If it is for, let call it 'Fantom consensus algorithm', which implements all of mentioned above consensus algorithms it is better to rename the repo and reorganise internal structure of it reserving place for all these algorithms.
But the root question is that we are in fact having two implementations of lachesis algorithm which are conflicting for going into master of this repo. These implementations would share some basic functionality (e.g. transport protocol, serialisation), though would need some specific functionality (e.g. storage engines) for better performance.
I think it would be better to retain this repo for lachesis consensus algorithm only, so we place other consensus algorithms in separate repos, but the implementations of these algos should use basic functionalities of this repo as much as possible. Then we need to try to harbour two lachesis implementations in this repo to make them interchangeable until we see which is better.
@Maxime2, great! I am about the same. We have a few ways to implement Lachesis consensus:
src/poset
- is a Swirlds transformation;src/posposet
- is coming in PR #161 (approve it, please);And it is nice for project, we will see which implementation is better later.
Thanks for your input. Will keep this proposal open for a little while, to give time for the team to give their viewpoints.

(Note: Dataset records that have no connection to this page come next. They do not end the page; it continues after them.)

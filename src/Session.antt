-- ===== src/Session.antt =====
-- The data of src/main/cpp/session-state.h: which Java methods the launcher calls, and the
-- information part of `sessionState`. The handles of the loaded JVM are in Handles.
pub mod Handles
pub mod Life
pub mod Serial
use spartan_launcher.Prelude.{ℕ, ℤ, pos, Bool, true, Option, List, [], Bytes, is_empty}

-- `enum class WhichMethod : short`; `other` is a value that names no enumerator.
pub data WhichMethod : Type 0 where
  none main get_status supervisor_shutdown child_notify child_completion_notify : WhichMethod
  supervisor_do_cmd child_do_cmd get_cmd_dispatch_info : WhichMethod
  other : ℤ → WhichMethod

pub record MethodDescriptor : Type 0 where
  pub is_static_method : Bool
  pub which_method : WhichMethod
  pub full_method_name : Bytes
  pub descriptor : Bytes

pub record MethodDescriptorCmd : Type 0 where
  pub base : MethodDescriptor
  pub command : Bytes
  pub jvm_options_command_line : Bytes

-- The default constructors.
abbrev pub no_method : MethodDescriptor
no_method = record {
  is_static_method = true;
  which_method = WhichMethod.none;
  full_method_name = [];
  descriptor = [];
}

abbrev pub no_command : MethodDescriptorCmd
no_command = record { base = no_method; command = []; jvm_options_command_line = [] }

-- `methodDescriptor::empty`
abbrev pub no_name : MethodDescriptor → Bool
no_name m = is_empty m.full_method_name

-- The information part of `sessionState`; a null shared pointer is `none`.
pub record SessionState : Type 0 where
  pub supervisor_pid : ℤ
  pub child_process_max_count : ℤ
  pub spartan_main_entry_point : MethodDescriptor
  pub spartan_get_status_entry_point : MethodDescriptor
  pub spartan_supervisor_shutdown_entry_point : MethodDescriptor
  pub spartan_child_notify_entry_point : MethodDescriptor
  pub spartan_child_completion_notify_entry_point : MethodDescriptor
  pub spartan_supervisor_entry_point : MethodDescriptor
  pub spartan_child_processor_entry_point : MethodDescriptor
  pub spartan_child_processor_commands : Bytes
  pub system_class_path : Bytes
  pub sp_spartan_supervisor_commands : Option (List MethodDescriptorCmd)
  pub sp_spartan_child_processor_commands : Option (List MethodDescriptorCmd)
  pub sp_serialized_system_properties : Option (List Bytes)
  pub spartan_logging_level : Bytes
  pub jvmlib_path : Bytes

-- A default-constructed session.
abbrev pub new_session : SessionState
new_session = record {
  supervisor_pid = pos 0;
  child_process_max_count = pos 0;
  spartan_main_entry_point = no_method;
  spartan_get_status_entry_point = no_method;
  spartan_supervisor_shutdown_entry_point = no_method;
  spartan_child_notify_entry_point = no_method;
  spartan_child_completion_notify_entry_point = no_method;
  spartan_supervisor_entry_point = no_method;
  spartan_child_processor_entry_point = no_method;
  spartan_child_processor_commands = [];
  system_class_path = [];
  sp_spartan_supervisor_commands = Option.none;
  sp_spartan_child_processor_commands = Option.none;
  sp_serialized_system_properties = Option.none;
  spartan_logging_level = [];
  jvmlib_path = [];
}
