-- ===== src/Text.antt =====
-- Small text helpers: src/main/cpp/str-split.cpp, src/main/cpp/path-concat.cpp and
-- src/main/cpp/mq-queue.cpp, and the `strtok_r` and `strrchr` that other files call.
pub mod Fields
pub mod Paths
use spartan_launcher.Prelude.{
  ℕ, zero, suc, ◌+◌, Bool, true, false, not, ◌&&◌, ◌||◌, Option, none, some, List, [], ◌∷◌, ◌++◌,
  ◌==◌, leb, if◌then◌else◌, Bytes, codes, is_empty, ℤ, pos, negsuc,
}

-- The local variables of `str_split`.
pub record Split : Type 0 where
  pub buf : Bytes
  pub v : List Bytes
  pub added : ℕ
  pub at_limit : Bool

-- A delimiter behind a fragment that is not empty.
unfoldable pub split_here : ℕ → ℕ → Split → Split
split_here limit n s =
    let added = if limit == 0 then s.added else s.added + 1 in
    let full = not (limit == 0) && leb limit added in
    let at_limit = s.at_limit || full in
    let buf = if full then s.buf ++ n ∷ [] else s.buf in
    if at_limit
    then record s { buf = buf; added = added; at_limit = at_limit }
    else record s { buf = []; v = s.v ++ buf ∷ []; added = added; at_limit = at_limit }

-- One round of the loop over the input.
unfoldable pub split_step : ℕ → ℕ → Split → ℕ → Split
split_step c limit s n =
    if not (n == c)
    then record s { buf = s.buf ++ n ∷ [] }
    else if not (is_empty s.buf)
    then split_here limit n s
    else s

unfoldable pub split_loop : ℕ → ℕ → Split → Bytes → Split
split_loop c limit s [] = s
split_loop c limit s (n ∷ text) = split_loop c limit (split_step c limit s n) text

abbrev split_end : Split → List Bytes
split_end s = if not (is_empty s.buf) then s.v ++ s.buf ∷ [] else s.v

abbrev pub at_least_zero : ℤ → ℕ
at_least_zero (pos n) = n
at_least_zero (negsuc n) = 0

abbrev pub no_split : Split
no_split = record { buf = []; v = []; added = 0; at_limit = false }

-- `str_split`; a negative limit is taken as 0.
pub str_split : Bytes → ℕ → ℤ → List Bytes
unfolding split_loop split_step
str_split text c limit = split_end (split_loop c (at_least_zero limit) no_split text)

-- What precedes the first delimiter, and what follows it.
unfoldable pub field : ℕ → Bytes → Bytes × Bytes
field c [] = ([], [])
field c (n ∷ s) = if n == c then ([], s) else (n ∷ (field c s).0, (field c s).1)

unfoldable pub skip : ℕ → Bytes → Bytes
skip c [] = []
skip c (n ∷ s) = if n == c then skip c s else n ∷ s

-- `strtok_r` with one delimiter: the token and the saved rest.
unfoldable pub strtok : ℕ → Bytes → Option (Bytes × Bytes)
unfolding field skip
strtok c s = elim (skip c s) [ [] ↦ none | n ∷ r ↦ some (field c (n ∷ r)) ]

-- `kPathSeparator`
abbrev pub path_separator : ℕ
path_separator = b'/'

-- The text before its last byte, and that byte.
unfoldable pub unsnoc : Bytes → Option (Bytes × ℕ)
unsnoc [] = none
unsnoc (n ∷ []) = some ([], n)
unsnoc (n ∷ m ∷ s) = elim (unsnoc (m ∷ s)) [ none ↦ none | some (front, z) ↦ some (n ∷ front, z) ]

-- `path_concat`
unfoldable pub path_concat : Bytes → Bytes → Bytes
unfolding unsnoc
path_concat a b = elim (unsnoc a) [
  | none ↦ b
  | some (front, z) ↦
      if not (z == b'/') && not (z == b'\\')
      then a ++ path_separator ∷ b
      else if not (z == path_separator)
      then front ++ path_separator ∷ b
      else a ++ b
]

-- `get_jlauncher_mq_queue_name` and `get_jsupervisor_mq_queue_name`
unfoldable pub jlauncher_queue_name : Bytes → Bytes
jlauncher_queue_name prog = b'/' ∷ prog ++ codes "_JLauncher"

unfoldable pub jsupervisor_queue_name : Bytes → Bytes
jsupervisor_queue_name prog = b'/' ∷ prog ++ codes "_JSupervisor"

-- What precedes the last slash, and what follows it, if there is a slash and something follows.
unfoldable pub split_last_slash : Bytes → Option (Bytes × Bytes)
split_last_slash [] = none
split_last_slash (n ∷ s) = elim (split_last_slash s) [
  | some (front, name) ↦ some (n ∷ front, name)
  | none ↦ if n == b'/' && not (is_empty s) then some ([], s) else none
]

BTW: Here is what I was thinking in terms of repository dependency hierarchy:
For the -lib
repositories, it may be useful to do version negotiation at the config level here, so we can have, e.g.: two versions of lachesis running side by side so we can:
consensus-lib
would implement generic consensus tests)The shared common repository [repositories?] will do regular things like: logging, error handling, configuration handling and related, using proper libraries for this, but setting constants like log format, ensuring consistency across all our code bases.

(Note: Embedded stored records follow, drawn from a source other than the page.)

-- ===== src/Lib.antt =====
-- The kernel in the version that this repository keeps: a small Linux 0.11 for the i386.
--
-- The kernel boots in assembler, divides the memory (main in kernel/main.c), and then works through
-- interrupts: the keyboard fills the read queue of the terminal, which is echoed onto the text
-- screen; the timer makes the scheduler choose among at most 64 tasks; fork and the write faults
-- after it work on the page tables. A definition has the name of the C function, macro or variable
-- that it translates; a loop or a block of a function that has no name in C gets a name of its own,
-- and the comment above it says which part it is.
--
-- Common     helpers: Boolean tests, lists, 32-bit words, bit masks, signed integers.
-- Tty        Queue: the ring buffer of include/linux/tty.h and CHARS, PUTCH, GETCH and EMPTY of
--            kernel/chr_drv/tty_io.c. Cooked: copy_to_cooked, do_tty_interrupt, tty_write, and
--            con_write of kernel/chr_drv/console.c. Init: tty_init.
-- Console    kernel/chr_drv/console.c: the variables of the screen as one record with
--            the bytes of memory and the port writes, and one function for each of the file.
-- Keyboard   kernel/chr_drv/kboard.c: the tables, every handler, and the interrupt, which ends in
--            Tty's do_tty_interrupt.
-- Mm         Run: the memory and the results of a run (a panic and an endless loop are results).
--            Pages: free_page and mem_init of mm/memory.c and get_free_page of mm/swap.c. Tables:
--            the page tables, their copying, their freeing and the write faults of mm/memory.c.
--            Layout: main's division of the memory, from which mem_init's arguments come.
-- Sched      kernel/sched.c: schedule, do_timer, and switch_to of include/linux/sched.h. Sleep:
--            __sleep_on, cut in two where it calls schedule, and wake_up. Init: sched_init.
-- Traps      trap_init of kernel/traps.c. Die: die, and the do_ functions, which print the
--            registers.
-- Panic      panic of kernel/panic.c: what it shows before its endless loop.
-- Segments   the descriptors of include/linux/head.h, and the macros of include/asm/system.h and
--            include/linux/sched.h that write and read them.
-- Fork       kernel/fork.c over Sched, Mm and Segments: find_empty_process, copy_mem, copy_process;
--            and sys_fork of kernel/sys_call.S, which calls the first and the last of them.
-- Vsprintf   kernel/vsprintf.c. Number: number and do_div. Format: skip_atoi and vsprintf, with the
--            format and the text as lists, the arguments as a list of words, and strings in memory.
-- Printk     printk of kernel/printk.c, from vsprintf to Tty's tty_write.
-- Strings    lib/string.c: Memory: the bytes and the string instructions. Copy, Compare, Search and
--            Token: the functions, a child each for what is said of them.
--
-- Boot       main of kernel/main.c up to move_to_user_mode: the set-up functions of Mm, Traps,
--            Sched and Tty, one after the other, and printk's message. Paging: setup_paging of
--            kernel/head.S, whose page tables the first fork copies.
-- Syscall    system_call of kernel/sys_call.S over the table of include/linux/sys.h, with the numbers
--            and _syscall0 of include/unistd.h, up to what fork returns to a program.
-- Build      main of tools/build.c, which runs on the host: Run: a run with its output and its end.
--            Files, Image and Layout: what is said of the image. stat, open, read and write are
--            parameters; what fprintf writes to stderr is left out but for the causes of die.
--
-- State is passed on as a record. An unsigned long is a number below 2^32 with its wrap-around
-- written out, and an unsigned char one below 2^8; counters and sizes are integers.
-- Assembler text in the C files is translated instruction by instruction: `rep movsl` and
-- `rep stosw` of the console, the scan and the clearing of get_free_page.
--
-- Fuel: get_free_page runs for two rounds more than there are pages, and one round is enough on a
-- managed map. copy_to_cooked runs for as many rounds as the queue has places, one more than it can
-- hold. schedule runs for two rounds, and tmp_digits for the 32 digits that a word can have.
-- find_empty_process runs for 65 rounds, one more than there are tasks.
-- kb_wait waits for readings of a port, which are a list; where they run out it waits for ever.
-- A string function runs for as many rounds as there are addresses, which is enough for every
-- string. No string or block of memory goes round the end of the addresses.
-- vsprintf runs for one round more than the format has bytes.
-- The padding of the setup in tools/build.c runs for three rounds, and two are enough.
--
-- Left out: the assembler files but for system_call, sys_fork and setup_paging; what setup.S
-- leaves at 0x90000 is a parameter of con_init. The structures of the tasks stand apart from the
-- memory of mm/, and so does what %n writes. A text that overruns printk's buffer, a read of die
-- that faults, and a sum of tools/build.c beyond an int have no result. In number of
-- kernel/vsprintf.c the size does not wrap around. Interrupts do not arrive inside a function.
pub mod Common
pub mod Tty
pub mod Console
pub mod Mm
pub mod Keyboard
pub mod Sched
pub mod Vsprintf
pub mod Strings
pub mod Segments
pub mod Fork
pub mod Traps
pub mod Printk
pub mod Boot
pub mod Panic
pub mod Build
pub mod Syscall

As mentioned above, at this stage of development, divided into repositories can be premature and costly. Looks like dividing into go-packages in one repository will be enough for now. But maybe I just haven't information about implementation of the Raft, Paxos and Swirlds, who will work on it? Anyway, for the beginning you need to try identify common interfaces by which will be possible to divide the repository in the future. Also, as I see, there is no block that will start the service from specified in the configuration consensus and transport.
@Maxime2 is the following the most recent implementation of Jiho and Sang-min's work; https://github.com/Fantom-foundation/go-lachesis/tree/maxime-21-feb-lachesis-clotho
There are three primary objectives currently which are causing conflicts.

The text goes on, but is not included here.